I don't have too many bed memories of early childhood, she was very present and we did lots fun and stimulating things, she read me stories all the time (fantastic books) and we were always going places and seeing stuff. I loved it. She chose to home educate. Very critical of the 'establishment.'

@Max:
Enmeshed, yes. Very hard to leave parental umbrella. I relayed her intellectual opinions and judgements of society for years as if they were my own. I'm not narcissistic, I don't believe, but in terms of intellectual argument and alternative opinion preaching I have been aggressive and scary. Also, Emotional Incest, I hadn't heard the term. After she broke up with my dad, I was her confidant. For a long time. By the time I was 16 she was fully depressed. Not much left for me by that time. My dad too though, lived out his regrettably lost teens through me when I was old enough. I had to be his mate.

@Kizzie, that term, 'Covert Narcissism', is helpful. My mum was such an utterly fantastic mother, much better than all the rest. Ha. I thought.

@Sienna, thanks especially for this validating breakdown of everything I said. Reassureing. 'Boundaries being invaded' says a lot. As my mother was a very alternative intellectual and a classic '70s feminist, me being a boy carried it's own trials in her mind, it's own unique schooling needs. There was a well-meaning seed in her approach (guys DO need guidance to grow grow into well rounded adults) but her wish for me not to be 'like other men' wasn't helpful. She scapegoated my dad, that's for sure. Told me things I shouldn't know.

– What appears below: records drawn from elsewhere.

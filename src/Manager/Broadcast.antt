-- ===== src/Manager/Broadcast.antt =====
-- Who receives a broadcast.
use null_key.Base.{
  ℕ, ◌≡◌, refl, sym, Bool, ◌&&◌, ◌∙◌, List, [], ◌∷◌, ◌++◌, map, append-nil, append_assoc, Option,
  none, some, arith, if◌then◌else◌, Bool-cases, inl, inr,
}
use null_key.Value.{Value}
use null_key.JsMap.{get, set}
use null_key.Net.{Net, Frame, send}
use null_key.Room.{Room, some_client, update_last_activity}
use null_key.Room.Capacity.{Distinct}
use null_key.Manager.{RoomManager, not_sender, deliver, broadcast_each, broadcast_to_room}
use null_key.Manager.Invariant.{IsManager}

-- The clients whose socket is open, without the sender.
pub recipients : (ℕ → Bool) → Option ℕ → List ℕ → List ℕ
recipients is_open sender [] = []
recipients is_open sender (ws ∷ rest) =
    let later = recipients is_open sender rest in
    if not_sender sender ws && is_open ws then ws ∷ later else later

pub some_client-recipients :
    (is_open : ℕ → Bool) (sender : Option ℕ) (w : ℕ) (cs : List ℕ)
    → some_client w (recipients is_open sender cs)
      ≡ (some_client w cs && (not_sender sender w && is_open w))
unfolding some_client recipients
some_client-recipients is_open sender w [] = refl
some_client-recipients is_open sender w (c ∷ cs) =
    ground (arith, some_client-recipients is_open sender w cs)

Distinct-recipients :
    (is_open : ℕ → Bool) (sender : Option ℕ) (cs : List ℕ)
    → Distinct cs
    → Distinct (recipients is_open sender cs)
unfolding recipients
Distinct-recipients is_open sender [] d = tt
Distinct-recipients is_open sender (c ∷ cs) d =
    ground
      (arith, Distinct-recipients is_open sender cs d.1, some_client-recipients is_open sender c cs)

deliver_open :
    (f : Frame) (sender : Option ℕ) (ws : ℕ) (n : Net) → (deliver f sender ws n).is_open ≡ n.is_open
unfolding deliver
deliver_open f sender ws n = ground arith

deliver_log :
    (f : Frame) (sender : Option ℕ) (ws : ℕ) (n : Net)
    → (deliver f sender ws n).log
      ≡ n.log ++ (if not_sender sender ws && n.is_open ws then send ws f ∷ [] else [])
unfolding deliver
deliver_log f sender ws n = ground (arith, append-nil n.log)

pub broadcast_each_open :
    (f : Frame) (sender : Option ℕ) (cs : List ℕ) (n : Net)
    → (broadcast_each f sender cs n).is_open ≡ n.is_open
unfolding broadcast_each
broadcast_each_open f sender [] n = refl
broadcast_each_open f sender (c ∷ cs) n =
    broadcast_each_open f sender cs (deliver f sender c n) ∙ deliver_open f sender c n

-- The loop appends one frame for each recipient, in the order of the clients.
pub broadcast_each_log :
    (f : Frame) (sender : Option ℕ) (cs : List ℕ) (n : Net)
    → (broadcast_each f sender cs n).log
      ≡ n.log ++ map (λ ws. send ws f) (recipients n.is_open sender cs)
unfolding broadcast_each recipients
broadcast_each_log f sender [] n = sym (append-nil n.log)
broadcast_each_log f sender (c ∷ cs) n =
    rw
      (
        broadcast_each_log f sender cs (deliver f sender c n),
        deliver_open f sender c n,
        deliver_log f sender c n,
      )
      (elim (Bool-cases (not_sender sender c && n.is_open c)) [
        | inl e ↦ rw e (append_assoc n.log (send c f ∷ []) _)
        | inr e ↦ rw e (append_assoc n.log [] _)
      ])

-- Every member of the room whose socket is open, the sender apart, is sent the frame exactly once;
-- nobody else is sent anything, no socket is closed, and the room's activity is refreshed.
pub broadcast_to_room_lem :
    (now : ℕ) (id : Value) (f : Frame) (sender : Option ℕ) (m : RoomManager) (n : Net) (r : Room)
    → IsManager m
    → get id m.rooms ≡ some r
    → let s = broadcast_to_room now id f sender (m, n) in
      (to : List ℕ) × (s.1.log ≡ n.log ++ map (λ ws. send ws f) to)
      × Distinct to
      × ((w : ℕ)
          → some_client w to ≡ (some_client w r.clients && (not_sender sender w && n.is_open w)))
      × (s.1.is_open ≡ n.is_open)
      × (s.0 ≡ record m { rooms = set id (update_last_activity now r) m.rooms })
unfolding broadcast_to_room
broadcast_to_room_lem now id f sender m n r v e = (
  recipients n.is_open sender r.clients,
  rw (e, broadcast_to_room) (broadcast_each_log f sender r.clients n),
  Distinct-recipients n.is_open sender r.clients (v.rooms_ok id r e).room.distinct,
  λ w. some_client-recipients n.is_open sender w r.clients,
  rw (e, broadcast_to_room) (broadcast_each_open f sender r.clients n),
  rw (e, broadcast_to_room),
)

-- A broadcast to a room that is not there does nothing.
pub broadcast_to_room_missing :
    (now : ℕ) (id : Value) (f : Frame) (sender : Option ℕ) (m : RoomManager) (n : Net)
    → get id m.rooms ≡ none
    → broadcast_to_room now id f sender (m, n) ≡ (m, n)
unfolding broadcast_to_room
broadcast_to_room_missing now id f sender m n e = rw (e, broadcast_to_room)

@Wife2, I think you hit the nail on the head. My mother was proud when I was a better intellectual. I can't help but repeat it (no less because, after all, learnedness IS admired generally) but my 'rebellion' may have been through dropping out, being over-emotional and anti-intellectual in my behaviour, impulsive, not thinking things through, gravitating toward visceral art, stuff like that. Trying to let out disallowed feelings.


Sienna

You are welcome, Im really glad that what I wrote was of help to you.
(If you don't mind me saying..) your situation does sound like covert incest to me.

QuoteShe scapegoated my dad, that's for sure. Told me things I shouldn't know.
Yes, classic.
Interesting that she wanted you to be...what did you say? ...different from other men. I wonder in what way. You have had a lot of expectation placed upon you, which i don't think is fair at all.

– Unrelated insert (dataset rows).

-- ===== src/Events/Isolation.antt =====
-- Where a message's effects can reach: the connection itself, and members of its own room.
use null_key.Base.{
  ℕ, ◌≡◌, ◌⊎◌, inl, inr, refl, sym, ◌∙◌, true, List, [], ◌∷◌, map, some, Option, Option-cases, All,
  arith, ℕ_discrete,
}
use null_key.Value.{Value}
use null_key.Config.{Config}
use null_key.JsMap.{get}
use null_key.Net.{Net, Frame, Effect, send, close}
use null_key.Net.Emits.{Emits, Emits-refl, Emits-trans, Emits-map}
use null_key.Protocol.{Message, Env}
use null_key.Room.{some_client}
use null_key.Manager.{RoomManager, broadcast_to_room}
use null_key.Manager.Members.{member, Steps-member}
use null_key.Manager.Broadcast.{broadcast_each_log, recipients, some_client-recipients}
use null_key.Relay.{Relay, broadcast}
use null_key.Events.{event_of, handle_client_message}
use null_key.Events.Actions.{
  Act, Acts, done, then_act, tells, closes, updates, calls, broadcasts, forwards, remembers, counts,
}
use null_key.Events.Safety.{RoomOf, handle_event-Acts, Acts-Steps}

-- An effect on the connection itself, or a frame to a member of a room that meets `K`.
abbrev pub Reaches : ℕ → (Value → Type 0) → RoomManager → Effect → Type 0
Reaches ws K m (send w f) = (w ≡ ws) ⊎ ((k : Value) × K k × (member w k m ≡ true))
Reaches ws K m (close w code) = w ≡ ws

All-sends :
    (P : Effect → Type 0) (f : Frame) (cs : List ℕ)
    → ((w : ℕ) → some_client w cs ≡ true → P (send w f))
    → All P (map (λ w. send w f) cs)
unfolding some_client
All-sends P f [] h = tt
All-sends P f (c ∷ cs) h = (h c (ground arith), All-sends P f cs (λ w m. h w (ground arith)))

broadcast_to_room-Emits :
    (P : Effect → Type 0) (now : ℕ) (k : Value) (f : Frame) (sender : Option ℕ) (m : RoomManager)
    (n : Net)
    → ((w : ℕ) → member w k m ≡ true → P (send w f))
    → Emits P n (broadcast_to_room now k f sender (m, n)).1
unfolding broadcast_to_room member
broadcast_to_room-Emits P now k f sender m n h = elim (Option-cases (get k m.rooms)) [
  | inl e ↦ rw (e, broadcast_to_room) (Emits-refl P n)
  | inr (r, e) ↦
      rw (e, broadcast_to_room)
        (
          map (λ w. send w f) (recipients n.is_open sender r.clients),
          broadcast_each_log f sender r.clients n,
          All-sends P f (recipients n.is_open sender r.clients) (λ w i.
              h w (rw e (ground (arith, some_client-recipients n.is_open sender w r.clients)))),
        )
]

module _ {cfg : Config} {ws : ℕ} {J K : Value → Type 0} where
  Act-Emits : {s t : Relay} → Act cfg ws J K s t → Emits (Reaches ws K s.manager) s.net t.net
  unfolding broadcast
  Act-Emits {s} (tells f) = (send ws f ∷ [], refl, (inl refl, tt))
  Act-Emits {s} (closes code) = (close ws code ∷ [], refl, (refl, tt))
  Act-Emits {s} (updates c) = Emits-refl _ s.net
  Act-Emits {s} (calls m p) = Emits-refl _ s.net
  Act-Emits {s} (broadcasts now k f h) =
      broadcast_to_room-Emits _ now k f (some ws) s.manager s.net (λ w m. inr (k, h, m))
  Act-Emits {s} (forwards w k f h m) = (send w f ∷ [], refl, (inr (k, h, m), tt))
  Act-Emits {s} (remembers seen h) = Emits-refl _ s.net
  Act-Emits {s} (counts buckets) = Emits-refl _ s.net

  -- Others were in the room before the actions, too.
  Reaches-before :
      {s t : Relay}
      → Acts cfg ws J K s t
      → (e : Effect) → Reaches ws K t.manager e
      → Reaches ws K s.manager e
  Reaches-before p (send w f) (inl h) = inl h
  Reaches-before p (send w f) (inr (k, h, m)) = elim (ℕ_discrete w ws) [
    | yes q ↦ inl q
    | no q ↦ inr (k, h, sym (Steps-member w k q (Acts-Steps p)) ∙ m)
  ]
  Reaches-before p (close w code) h = h

  pub Acts-Emits : {s t : Relay} → Acts cfg ws J K s t → Emits (Reaches ws K s.manager) s.net t.net
  Acts-Emits {s} done = Emits-refl _ s.net
  Acts-Emits {s} (then_act {t} {u} p a) =
      Emits-trans _ s.net t.net u.net (Acts-Emits p)
        (Emits-map _ _ t.net u.net (Reaches-before p) (Act-Emits a))

-- Whatever a client sends, the frames go to itself or to clients that were in its room: the room
-- that it was in, or the one that the message brought it to. No socket but its own is closed, and
-- nothing that was sent before is lost.
pub handle_client_message-Emits :
    (env : Env) (now ws : ℕ) (msg : Message) (s : Relay)
    → let t = handle_client_message env now ws msg s in
      Emits (Reaches ws (RoomOf ws s t) s.manager) s.net t.net
unfolding handle_client_message
handle_client_message-Emits env now ws msg s =
    Acts-Emits (handle_event-Acts env now ws (event_of msg.event) msg.payload s)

Wife2, Struck a chord with me when you mentioned having to prepare for your parent coming over. I find it hard to see my dad in general- but its hard in a different way when I'm not in a good place. I feel ignored listening to his problems, and just don't have the energy to be there for him.
I find it hard - exhausting, to see others when I'm in a bad place . I feel ..not right inside. Part of that i realise is that i cant let them see me, and many times, others don't notice that somethings wrong (in me). Perhaps my dad being this way (as well as the invalidation from my mother for having feelings), has resulted in me being this way, and isolating when things are hard. Thanks.

MyselfOnline

Quote from: Sienna on December 30, 2016, 06:23:45 PM
Interesting that she wanted you to be...what did you say? ...different from other men. I wonder in what way.

Yes, that was always rather hard to fit into, nothing in certain terms but implied, plenty of stories about men who were inconsiderate, oafish, including seemingly respectable men who were doctors or teachers or whatever. Sexual desire wrapped up in that, somewhere. I always had the impression there was something innately dim and uncouth about manhood, but 'I don't mean you' or 'You're not like that' supposedly was to reassure me. I don't even  know if she fully understands it herself, her idea that men don't respect women like they (I wrote 'they', I mean 'we') should. It certainly changed how I behaved. In adolescence, I actually felt that girls would hate me if I admitted to feeling anything sexual. That took some getting over.